Vet check. Bones can splinter sharp and penetrate, the intestines. 

I bet they will forum on your feeding practices.


----------



## Rudy (Oct 12, 2012)

Now We Flex some as many think my writing skills seek less brain powers

14 brain lesions press on me

So What

I earned them trust that ;D

All of this is very wrong and you keep it up you have a dead mate 

No copy and paste links here Earned skills from education and doing real life events working pointers raw real remote 48 years 

Paid upland ho, trainer of greatness and a Specialist on supplements to the cell level

core cell supports and food and care choices

First education

1.Microbiology

2. Immunology

3rd cracking skulls globally like peanuts She they winked maybe bent a tad I flex some fun ;D

What happens first to consumers some call Sheep ;D

Big Bro produces more super antibiotics then brain cells and introduces them to healthy animals all of them to make them grow super fast and big for fast cash not health 

Creating massive Food Borne Pathogens and all real research and science all knows and supports this if its is a independent study group not paid creeps without souls and truth.

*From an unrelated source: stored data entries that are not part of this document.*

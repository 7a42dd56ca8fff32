-- ===== src/Approval/Answers.antt =====
-- The items and questions of a request, in src/bridge/approval-coordinator.ts. What a call changed
-- before it threw stays changed.
use lark_remote.Common.{
  ℕ, String, str_eq, Text, text_eq, trim, Bool, true, false, ◌&&◌, List, [], ◌∷◌, any, Option, none,
  some, or_else, if◌then◌else◌,
}
use lark_remote.RunState.Types.{RequestId}
use lark_remote.Approval.Types.{
  ApprovalKind, UserQuestion, PermItem, TrackedApproval, ApprovalAction, Refusal, not_found,
  duplicate_nonce, not_pending, text_missing, not_permissions, no_items, item_missing, not_question,
  question_missing, option_missing, not_multiple, not_single, nothing_selected, not_plan, Call,
  view_updated, Coordinator, Outcome, is_pending, get_tracked, change, refuse, done,
}
use lark_remote.Approval.Questions.{
  put_at, question_at, questions_of, change_view_question, all_questions_answered, record_answer,
  answers_from, notes_from, asks, toggle_label,
}
use lark_remote.Approval.Coordinator.{is_stale, consume_nonce, send}

abbrev pub asks_permissions : ApprovalKind → Bool
asks_permissions ApprovalKind.permissions = true
asks_permissions _ = false

abbrev pub is_tool : ApprovalKind → Bool
is_tool ApprovalKind.tool = true
is_tool _ = false

-- The first item with the id, as `find` does.
abbrev pub select_item : String → Bool → List PermItem → List PermItem
select_item id on [] = []
select_item id on (i ∷ items) =
    let rest = i ∷ select_item id on items in
    if str_eq i.id id then record i { selected = on } ∷ items else rest

abbrev pub set_permissions : List PermItem → TrackedApproval → TrackedApproval
set_permissions items t = record t { view = record t.view { permissions = some items } }

unfoldable pub toggle_perm : String → Bool → RequestId → Coordinator → Outcome
toggle_perm perm on id c = elim (get_tracked id c.approvals) [
  | none ↦ refuse not_found c
  | some t ↦
      if asks_permissions t.kind
      then if is_pending t.state
        then elim t.view.permissions [
          | none ↦ refuse no_items c
          | some items ↦
              if any (λ i. str_eq i.id perm) items
              then done [] (change id (set_permissions (select_item perm on items)) c)
              else refuse item_missing c
        ]
        else refuse not_pending c
      else refuse not_permissions c
]

-- What `getPendingQuestionAt` finds, or why it throws.
pub data Found : Type 0 where
  missing : Refusal → Found
  found : TrackedApproval → UserQuestion → Found

unfoldable pub get_pending_question_at : RequestId → ℕ → Coordinator → Found
get_pending_question_at id i c = elim (get_tracked id c.approvals) [
  | none ↦ missing not_found
  | some t ↦
      if asks t.kind
      then if is_pending t.state
        then elim (question_at i (questions_of t.view)) [
          | none ↦ missing question_missing
          | some q ↦ found t q
        ]
        else missing not_pending
      else missing not_question
]

-- `assertAndConsumeNonce` before the rest of a call.
abbrev pub with_fresh_nonce :
    RequestId → Option String → Coordinator → (Coordinator → Outcome) → Outcome
with_fresh_nonce id nonce c rest =
    if is_stale id nonce c then refuse duplicate_nonce c else rest (consume_nonce id nonce c)

-- The card is sent the view as it is now.
abbrev pub push_view : RequestId → Coordinator → Outcome
push_view id c =
    done
      (elim (get_tracked id c.approvals) as (λ _. List Call) [
        | none ↦ []
        | some t ↦ view_updated id t.view ∷ []
      ])
      c

unfoldable pub respond_question_answers :
    TrackedApproval → RequestId → Option String → Coordinator → Outcome
respond_question_answers t id nonce c =
    if is_stale id nonce c
    then refuse duplicate_nonce c
    else if is_pending t.state
    then send id nonce
        (ApprovalAction.answer (answers_from t 0 (questions_of t.view) [])
          (notes_from t 0 (questions_of t.view) []))
        c
    else refuse not_pending c

-- The answers are sent when every question has one; else the rest of the call is run.
abbrev pub respond_if_all :
    RequestId → Option String → Coordinator → (Coordinator → Outcome) → Outcome
respond_if_all id nonce c rest = elim (get_tracked id c.approvals) [
  | none ↦ rest c
  | some t ↦ if all_questions_answered t then respond_question_answers t id nonce c else rest c
]

abbrev pub select_labels : ℕ → List Text → TrackedApproval → TrackedApproval
select_labels i labels t = record t {
  view = change_view_question i (λ q. record q { selected = some labels }) t.view;
}

-- A choice or a text is the answer of its question.
abbrev pub answer_with : ℕ → List Text → TrackedApproval → TrackedApproval
answer_with i labels t = record_answer i labels (select_labels i labels t)

unfoldable pub toggle_answer : ℕ → Text → RequestId → Option String → Coordinator → Outcome
unfolding get_pending_question_at respond_question_answers record_answer all_questions_answered
toggle_answer i option id nonce c = elim (get_pending_question_at id i c) [
  | missing r ↦ refuse r c
  | found t q ↦
      if any (λ o. text_eq o option) q.options
      then if q.multi_select
        then with_fresh_nonce id nonce c (λ c'.
          push_view id
            (change id (select_labels i (toggle_label option (or_else q.selected []))) c'))
        else respond_if_all id nonce (change id (answer_with i (option ∷ [])) c) (push_view id)
      else refuse option_missing c
]

unfoldable pub submit_answers : ℕ → RequestId → Option String → Coordinator → Outcome
unfolding get_pending_question_at respond_question_answers record_answer all_questions_answered
submit_answers i id nonce c = elim (get_pending_question_at id i c) [
  | missing r ↦ refuse r c
  | found t q ↦
      if q.multi_select
      then elim (or_else q.selected []) [
        | [] ↦ refuse nothing_selected c
        | l ∷ ls ↦ respond_if_all id nonce (change id (record_answer i (l ∷ ls)) c) (done [])
      ]
      else refuse not_multiple c
]

unfoldable pub answer_custom : ℕ → Text → RequestId → Option String → Coordinator → Outcome
unfolding get_pending_question_at respond_question_answers record_answer all_questions_answered trim
answer_custom i text id nonce c = elim (get_pending_question_at id i c) [
  | missing r ↦ refuse r c
  | found t q ↦ if q.multi_select then refuse not_single c else elim (trim text) [
    | [] ↦ refuse text_missing c
    | x ∷ xs ↦ respond_if_all id nonce (change id (answer_with i ((x ∷ xs) ∷ [])) c) (push_view id)
  ]
]

abbrev pub write_note : ℕ → Text → TrackedApproval → TrackedApproval
write_note i text t = record t {
  notes = put_at i text t.notes;
  view = change_view_question i (λ q. record q { note = some text }) t.view;
}

unfoldable pub answer_note : ℕ → Text → RequestId → Option String → Coordinator → Outcome
unfolding get_pending_question_at trim
answer_note i text id nonce c = elim (get_pending_question_at id i c) [
  | missing r ↦ refuse r c
  | found t q ↦ elim (trim text) [
    | [] ↦ refuse text_missing c
    | x ∷ xs ↦
        with_fresh_nonce id nonce c (λ c'. push_view id (change id (write_note i (x ∷ xs)) c'))
  ]
]

abbrev pub is_plan : TrackedApproval → Bool
is_plan t = is_tool t.kind && elim t.view.tool_name as (λ _. Bool) [
  | none ↦ false
  | some name ↦ str_eq name "ExitPlanMode"
]

abbrev pub write_feedback : Text → TrackedApproval → TrackedApproval
write_feedback text t = record t {
  feedback = some text;
  view = record t.view { plan_feedback = some text };
}

unfoldable pub plan_feedback : Text → RequestId → Option String → Coordinator → Outcome
unfolding trim
plan_feedback text id nonce c = elim (get_tracked id c.approvals) [
  | none ↦ refuse not_found c
  | some t ↦
      if is_pending t.state
      then if is_plan t
        then elim (trim text) [
          | [] ↦ refuse text_missing c
          | x ∷ xs ↦
              with_fresh_nonce id nonce c
                (λ c'. push_view id (change id (write_feedback (x ∷ xs)) c'))
        ]
        else refuse not_plan c
      else refuse not_pending c
]

-- A decision of a card; an unknown one declines.
unfoldable pub decision_to_approval_action : String → ApprovalAction
decision_to_approval_action d =
    if str_eq d "accept"
    then ApprovalAction.accept
    else if str_eq d "acceptForSession"
    then ApprovalAction.accept_for_session
    else if str_eq d "acceptWithExecpolicyAmendment"
    then ApprovalAction.accept_with_execpolicy_amendment
    else if str_eq d "acceptAll"
    then ApprovalAction.accept_all
    else if str_eq d "declineWithFeedback"
    then ApprovalAction.decline_with_feedback []
    else if str_eq d "acceptWithFeedback"
    then ApprovalAction.accept_with_feedback []
    else if str_eq d "cancel"
    then ApprovalAction.cancel
    else ApprovalAction.decline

Not paid off goofs for bad machines killing and reducing all of us due to lack of educations or real choices.

This mayor impacts and effects on all human health and pets health all of them.

each one they add and overuse creates super bugs we cannot war or beat

This is 2 to 3x worse on cat and dog they call foods facts

"Denmark" thank lord is know not selling massive antibioitics and there Vets are closing watched from know freely selling these drugs.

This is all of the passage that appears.